Es-ce que tu pourrai développer un peu plus sur ce point stp   :Rolling Eyes: 

Entre () c'est vrai que kdenlive se fait attendre depuis un petit moment   :Razz: 

----------

## Temet

 *Alexis wrote:*   

>  *Temet wrote:*   Ca va être dur quand tu vois le principal outil d'encodage, avidemux, est hardmaské dans portage. (Oui je sais, le coup des libs statiques, tout ça...).
> 
>  
> 
> et par moi en plus :p.

 

Ah ah, je ne savais pas ça!!!! Mais ça m'a bien faire rigoler...

'foiré va   :Laughing: 

----------

## Alexis

 *thelinuxfr wrote:*   

>  *Alexis wrote:*   
> 
> Pour devenir dev, comme le dit ghoti, ça devrait être tout bien expliqué dans la doc. Si tu as besoin d'un mentor pour des trucs video, tu peux t'adresser à moi.

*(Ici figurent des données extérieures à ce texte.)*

-- ===== src/StorageProvider/System.antt =====
-- The running storage provider: upload requests (storageProvider/uploadHandler.go) and the loop over the
-- pending uploads (storageProvider/pendingUpload.go), which share the files and a channel. One step is one
-- request, one send to the channel, one upload taken from the channel, or one pass of the timer; the
-- goroutines' steps come in any order. What the block chains say at a time is a parameter.
pub mod Soundness
use archoncloud_go.Base.{ℕ, ◌<◌, ◌≡◌, List, [], ◌∷◌, ◌++◌, Bool, Option, length}
use archoncloud_go.Common.Bytes.{Bytes}
use archoncloud_go.Shards.Erasure.{Infectious}
use archoncloud_go.StorageProvider.Pending.{
  AccountType, PendingUpload, Chain, Verifier, receive_pending, tick,
}
use archoncloud_go.StorageProvider.UploadHandler.{Provider}
use archoncloud_go.StorageProvider.UploadHandler.Handler.{UploadAccount, Request, upload_handler}

-- The files are those of the verifier. A request that has stored its file waits until the channel takes
-- its upload; the requests that wait are in no order.
pub record System : Type 0 where
  pub waiting : List PendingUpload
  pub channel : List PendingUpload
  pub verifier : Verifier

abbrev pub provider_of : System → Provider
provider_of sys = record { files = sys.verifier.files; uploads_pending = sys.waiting }

abbrev pub with_provider : Provider → System → System
with_provider s sys = record {
  waiting = s.uploads_pending;
  channel = sys.channel;
  verifier = record sys.verifier { files = s.files };
}

-- `make(chan *pendingUpload, 400)`
abbrev pub channel_size : ℕ
channel_size = 400

-- A request, and the accounts at its time.
pub record Handled : Type 0 where
  pub get_account : AccountType → Option UploadAccount
  pub request : Request

module _ (fec : Infectious) (hash : Bytes → Bytes) (base58 : Bytes → Bytes)
    (to_lower : Bytes → Bytes) (trim_space : Bytes → Bytes) (base : Bytes → Bytes)
    (join : List Bytes → Bytes) (root_folder : Bytes) (announce_to_dht : Bytes → Bytes → Bool)
    (chain_at : ℕ → AccountType → Chain) where
  -- The accounts, and whether files can be written, may be others at each request.
  unfoldable pub handle :
      (AccountType → Option UploadAccount)
      → (Bytes → Bool)
      → (Bytes → Bool)
      → Request
      → System
      → System
  unfolding upload_handler
  handle get_account can_copy can_create r sys =
      with_provider
        (upload_handler get_account to_lower trim_space base join fec hash base58 root_folder
          can_copy can_create r (provider_of sys)).1
        sys

  pub data Step : System → System → Type 0 where
    requested :
        (sys : System) (get_account : AccountType → Option UploadAccount)
        (can_copy can_create : Bytes → Bool) (r : Request)
        → Step sys (handle get_account can_copy can_create r sys)
    sent :
        (before after channel : List PendingUpload) (pu : PendingUpload) (v : Verifier)
        → length channel < channel_size
        → Step
            (record { waiting = before ++ pu ∷ after; channel = channel; verifier = v })
            (record { waiting = before ++ after; channel = channel ++ pu ∷ []; verifier = v })
    received :
        (waiting : List PendingUpload) (pu : PendingUpload) (rest : List PendingUpload)
        (v : Verifier)
        → Step
            (record { waiting = waiting; channel = pu ∷ rest; verifier = v })
            (record { waiting = waiting; channel = rest; verifier = receive_pending pu v })
    ticked :
        (sys : System) (now : ℕ)
        → Step sys (record sys { verifier = tick (chain_at now) announce_to_dht now sys.verifier })

  pub data Reach (start : System) : System → Type 0 where
    here : Reach start start
    next : {sys sys' : System} → Reach start sys → Step sys sys' → Reach start sys'

  -- The requests of a run, the last one first, before those that were made earlier.
  abbrev pub step_requests : {sys sys' : System} → Step sys sys' → List Handled → List Handled
  step_requests (requested sys get_account can_copy can_create r) earlier =
      record { get_account = get_account; request = r } ∷ earlier
  step_requests (sent before after channel pu v room) earlier = earlier
  step_requests (received waiting pu rest v) earlier = earlier
  step_requests (ticked sys now) earlier = earlier

  abbrev pub requests : {start sys : System} → Reach start sys → List Handled → List Handled
  requests here earlier = earlier
  requests (next r st) earlier = step_requests st (requests r earlier)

Par contre, l'anglais doit être de rigueur, même très mauvais, il faut tout de même arriver à se faire comprendre car tu as affaire à des gens de tous les pays.  Je prendrai contact avec toi si ça ne te dérange pas, dès que j'ai un petit peu plus de temps  pour que l'on en discute.
> 
> 

 

pas de souci

 *Quote:*   

> 
> 
>  *Alexis wrote:*   
> 
> Sinon, il y a aussi la solution de proxy maintenance: tu as pas accès en écriture au cvs, mais tu maintiens plus ou moins un paquet, sachant que tu seras contacté en cas de bug; la seule différence c'est que c'est un dev qui fais les commits à ta place. 
> ...

 

heu.... que dire de plus ? tu envoies des ebuilds à un dev, tu es listé dans le metadata.xml, donc tu es en CC des bugs rapportés, etc. Tout comme un dev, sauf que quelqu'un sert de relai pour écrire sur le CVS. C'est un bon moyen de s'habituer.

----------